When the shoots obtained from in vitro cultures are rooted in the external environment, rooting and hardening took place concurrently and the plants were fully acclimatized before transplanting. Ex vitro rooting through pulse treatment, consisting of initial treatment in NOA and IBA for about 2 h followed by chlorogenic acid treatment for 6 min yielded uniform rooting (80-85%) on subsequent transfer to suitable substrate (Fig. 3F). Arya et al. (2002) and Martin et al. (2004) reported the rooting of plants after pulse treatment using the same auxins in Celastrus paniculatus. The shoots that failed to root in in vitro, responded to this method. The type of planting substrate also played a significant role in the induction of roots from the pulse treated shoots.
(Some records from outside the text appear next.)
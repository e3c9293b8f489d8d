-- ===== src/Keycloak/Authorizer/Laws.antt =====
-- What an answer of the authorizer rests on, over histories of requests and of time passing.
use mathlib.Core.Path.{subst}
use mathlib.Core.List.{append_assoc}
use deploy_gateway.Base.{
  ℕ, ◌+◌, ◌≤◌, ◌≡◌, ◌==◌, refl, sym, ◌∙◌, GoError, inl, inr, String, Bool, true, false, some, List,
  [], ◌∷◌, ◌++◌, Result, ok, err, arith, eq_iff, Any, Any-append_left, Any-append_right,
  Option-cases, if◌then◌else◌,
}
use deploy_gateway.Base.Dict
use deploy_gateway.Base.Dict.{lookup-insert}
use deploy_gateway.Base.StateMonad.{pure, modify, ◌>>=◌, ◌>>◌}
use deploy_gateway.Store.{Time}
use deploy_gateway.Authz.{Request, Decision}
use deploy_gateway.Keycloak.Cache
use deploy_gateway.Keycloak.Cache.Laws.{get_aged-Hit}
use deploy_gateway.Keycloak.Http.{Config, Server}
use deploy_gateway.Keycloak.Client.{Client, decision_ttl}
use deploy_gateway.Keycloak.Authorizer.History.{
  Allows, Permit, Made, Supports, Event, asks, passes, move, happen, live, given, given_by,
  given_in, permits,
}
use deploy_gateway.Keycloak.Authorizer.{
  decision_stale_for, decision_key, permitted, evaluate, Gate, new_gate, hit, on_client,
  keep_permit, after_evaluation, without_fresh, authorize,
}

module _ (H : Server) (cfg : Config) where
  -- Whatever is cached is a permit of the history, at its time.
  pub record Backed (ps : List Permit) (g : Gate H cfg) : Type 0 where
    pub ttl : g.decisions.ttl ≡ decision_ttl
    pub stale_for : g.decisions.stale_for ≡ decision_stale_for
    pub entry :
        (key : String) (e : Cache.Entry Bool)
        → Dict.lookup key g.decisions.entries ≡ some e
        → (e.value ≡ true) × Any (Made key e.stored_at) ps

  Made→Supports :
      (key : String) (at now : Time) (ps : List Permit)
      → now ≤ at + (decision_ttl + decision_stale_for)
      → Any (Made key at) ps
      → Any (Supports key now) ps
  Made→Supports key at now [] h m = elim m [ ]
  Made→Supports key at now (p ∷ ps) h (inl m) = inl (m.0, ground arith)
  Made→Supports key at now (p ∷ ps) h (inr m) = inr (Made→Supports key at now ps h m)

  hit-Supports :
      (ps : List Permit) (g : Gate H cfg) (key : String) (max_age : ℕ) (now : Time)
      → Backed ps g
      → max_age ≤ decision_ttl + decision_stale_for
      → hit H cfg (Cache.get_aged g.decisions key max_age now) ≡ true
      → Any (Supports key now) ps
  hit-Supports ps g key max_age now b le h =
      elim (Option-cases (Cache.get_aged g.decisions key max_age now)) [
        | inl e ↦ cc
        | inr (v, e) ↦
            let x = get_aged-Hit g.decisions key max_age now e in
            Made→Supports key x.entry.stored_at now ps (let age = x.age in omega arith)
              (b.entry key x.entry x.found).1
      ]

  -- More permits, and another state of the client, change nothing in the cache.
  Backed-client :
      (ps : List Permit) (g : Gate H cfg) (c : Client H)
      → Backed ps g
      → Backed ps (record g { client = c })
  Backed-client ps g c b = record { ttl = b.ttl; stale_for = b.stale_for; entry = b.entry }

  Backed-more :
      (ps qs : List Permit) (g : Gate H cfg) (c : Client H)
      → Backed ps g
      → Backed (ps ++ qs) (record g { client = c })
  Backed-more ps qs g c b = record {
    ttl = b.ttl;
    stale_for = b.stale_for;
    entry = λ key e found.
        let (v, m) = b.entry key e found in (v, Any-append_left (Made key e.stored_at) ps qs m);
  }

  -- The entry under a key behind a put of `true`.
  entry-put :
      (ps qs : List Permit) (g : Gate H cfg) (key j : String) (at : Time) (e : Cache.Entry Bool)
      (b : Bool)
      → (key == j) ≡ b
      → Backed ps g
      → Any (Made key at) qs
      → (if b
          then some (record { value = true; stored_at = at })
          else Dict.lookup j g.decisions.entries)
        ≡ some e
      → (e.value ≡ true) × Any (Made j e.stored_at) (ps ++ qs)
  entry-put ps qs g key j at e true same back new found =
      let key_is : key ≡ j = (eq_iff key j).0 same in
      let at_is : at ≡ e.stored_at = cc in
      let m : Any (Made j e.stored_at) qs =
        subst (λ k. Any (Made k e.stored_at) qs) key_is
          (subst (λ t. Any (Made key t) qs) at_is new) in
      (cc, Any-append_right (Made j e.stored_at) ps qs m)
  entry-put ps qs g key j at e false same back new found =
      let (v, m) = back.entry j e found in (v, Any-append_left (Made j e.stored_at) ps qs m)

  Backed-keep_permit :
      (ps qs : List Permit) (g : Gate H cfg) (key : String)
      → Any (Made key (H.clock g.client.server)) qs
      → Backed ps g
      → Backed (ps ++ qs) (keep_permit H cfg key g)
  unfolding keep_permit Cache.put
  Backed-keep_permit ps qs g key new b = record {
    ttl = b.ttl;
    stale_for = b.stale_for;
    entry = λ j e found.
        entry-put ps qs g key j (H.clock g.client.server) e (key == j) refl b new
          (sym (lookup-insert j key _ g.decisions.entries) ∙ found);
  }

  -- What one evaluation leaves and answers.
  record Sound (ps : List Permit) (req : Request) (r : Result Decision × Gate H cfg) : Type 0 where
    backed : Backed ps r.1
    rests : Allows r.0 → Any (Supports (decision_key req) (H.clock r.1.client.server)) ps

  module _ (ps : List Permit) (req : Request) (g : Gate H cfg) (b : Backed ps g) where
    stale-Sound :
        (e : GoError) (stale : Bool)
        → hit H cfg (Cache.get_stale g.decisions (decision_key req) (H.clock g.client.server))
          ≡ stale
        → Sound (ps ++ []) req ((if stale then ok permitted else err e), g)
    unfolding Cache.get_stale
    stale-Sound e true h = record {
      backed = Backed-more ps [] g g.client b;
      rests = λ _. Any-append_left (Supports (decision_key req) (H.clock g.client.server)) ps [] (
          hit-Supports ps g (decision_key req) _ _ b
            (let t = b.ttl in let s = b.stale_for in omega arith) h);
    }
    stale-Sound e false h = record {
      backed = Backed-more ps [] g g.client b;
      rests = λ no. elim no [ ];
    }

    answer-Sound :
        (dec : Decision) (allowed : Bool)
        → dec.allowed ≡ allowed
        → Sound
            (ps ++ (if allowed then (decision_key req, H.clock g.client.server) ∷ [] else []))
            req
            ((if allowed
                then (do modify (keep_permit H cfg (decision_key req)); pure (ok dec))
                else pure (ok dec))
              g)
    unfolding ◌>>=◌ keep_permit
    answer-Sound dec true h = record {
      backed = Backed-keep_permit ps _ g (decision_key req) (inl (refl, refl)) b;
      rests = λ _.
          Any-append_right (Supports (decision_key req) (H.clock g.client.server)) ps _
            (inl (refl, omega arith));
    }
    answer-Sound dec false h = record {
      backed = Backed-more ps [] g g.client b;
      rests = λ yes_it. cc;
    }

    after_evaluation-Sound :
        (result : Result Decision)
        → Sound
            (ps ++ given H cfg (decision_key req) result (H.clock g.client.server))
            req
            (after_evaluation H cfg (decision_key req) result g)
    unfolding after_evaluation given ◌>>=◌
    after_evaluation-Sound (err e) = stale-Sound e _ refl
    after_evaluation-Sound (ok dec) = answer-Sound dec dec.allowed refl

  without_fresh-Sound :
      (ps : List Permit) (req : Request) (g : Gate H cfg) (fresh : Bool)
      → Backed ps g
      → hit H cfg (Cache.get g.decisions (decision_key req) (H.clock g.client.server)) ≡ fresh
      → Sound
          (ps
            ++ (if fresh
                then []
                else given H cfg
                    (decision_key req)
                    (evaluate H cfg req g.client).0
                    (H.clock (evaluate H cfg req g.client).1.server)))
          req
          (without_fresh H cfg req fresh g)
  unfolding without_fresh ◌>>=◌ on_client Cache.get
  without_fresh-Sound ps req g true b h = record {
    backed = Backed-more ps [] g g.client b;
    rests = λ _.
        Any-append_left (Supports (decision_key req) (H.clock g.client.server)) ps []
          (hit-Supports ps g (decision_key req) _ _ b (let t = b.ttl in omega arith) h);
  }
  without_fresh-Sound ps req g false b h =
      let (result, c) = evaluate H cfg req g.client in
      after_evaluation-Sound ps req (record g { client = c }) (Backed-client ps g c b) result

  authorize-Sound :
      (ps : List Permit) (req : Request) (g : Gate H cfg)
      → Backed ps g
      → Sound (ps ++ given_by H cfg req g) req (authorize H cfg req g)
  unfolding authorize given_by ◌>>=◌
  authorize-Sound ps req g b = without_fresh-Sound ps req g _ b refl

  live-Backed :
      (ps : List Permit) (g : Gate H cfg) (es : List (Event H))
      → Backed ps g
      → Backed (ps ++ permits H cfg g es) (live H cfg g es)
  unfolding live happen permits given_in move
  live-Backed ps g [] b = Backed-more ps [] g g.client b
  live-Backed ps g (asks req ∷ es) b =
      subst (λ qs. Backed qs (live H cfg (authorize H cfg req g).1 es))
        (append_assoc ps (given_by H cfg req g) _)
        (live-Backed (ps ++ given_by H cfg req g) (authorize H cfg req g).1 es
          (authorize-Sound ps req g b).backed)
  live-Backed ps g (passes h ∷ es) b = live-Backed ps (move H cfg g h) es (Backed-client ps g _ b)

  -- In every history of requests and of changes outside, a request is allowed only on a permit that
  -- Keycloak gave for a request with the same key, in this call or earlier in the history, and not more
  -- than 330 seconds (the time to live and the period of grace) ago. The permits of a history are
  -- those that an evaluation returned; answers from the cache are none.
  pub authorize-Supports :
      (h : H.State) (es : List (Event H)) (req : Request)
      → Allows (authorize H cfg req (live H cfg (new_gate H cfg h) es)).0
      → Any
          (Supports
            (decision_key req)
            (H.clock (authorize H cfg req (live H cfg (new_gate H cfg h) es)).1.client.server))
          (permits H cfg (new_gate H cfg h) es
            ++ given_by H cfg req (live H cfg (new_gate H cfg h) es))
  unfolding new_gate Cache.new_cache Dict.lookup
  authorize-Supports h es req allowed =
      (authorize-Sound (permits H cfg (new_gate H cfg h) es) req _ (
          live-Backed [] (new_gate H cfg h) es
            (record { ttl = refl; stale_for = refl; entry = λ key e found. cc }))).rests
        allowed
Maximum rooting was observed in moist sand, within 30 days. Coir pith either alone or with sand (1:1) showed comparatively lesser rate of rooting ex vitro rooting is more advantageous over in vitro rooting and subsequent planting out, as the latter requires utmost care while planting out, more time and labor. ex vitro rooting is a more reliable and cost effective method, as a separate in vitro rooting stage could be avoided and the hardening could be simultaneous with rooting. The cups were covered with polythene bags and kept under green house conditions for 6 weeks and then transferred to the field conditions with 98% establishment (Fig. 3G and H). The micro plants planted in the field for 12 months showed uniform morphology and the growth indicated stability of micropropagated plants free from visible abnormalities (Fig. 3I).

This study reports successful development of an efficient, cost effective and easy to handle micropropagation protocol for the vulnerable medicinal tree A. marmelos. This study also ensures stability of plants raised through a number of subculture passages. This protocol provides a successful rapid technique that can be used for the propagation and ex situ conservation of this species and helps for minimising the pressure on wild populations and contributes to the conservation of the valuable flora of the Western Ghats.

ACKNOWLEDGMENT

The authors are grateful to Sir. Dorabji TATA Trust, Mumbai, India for providing financial assistance.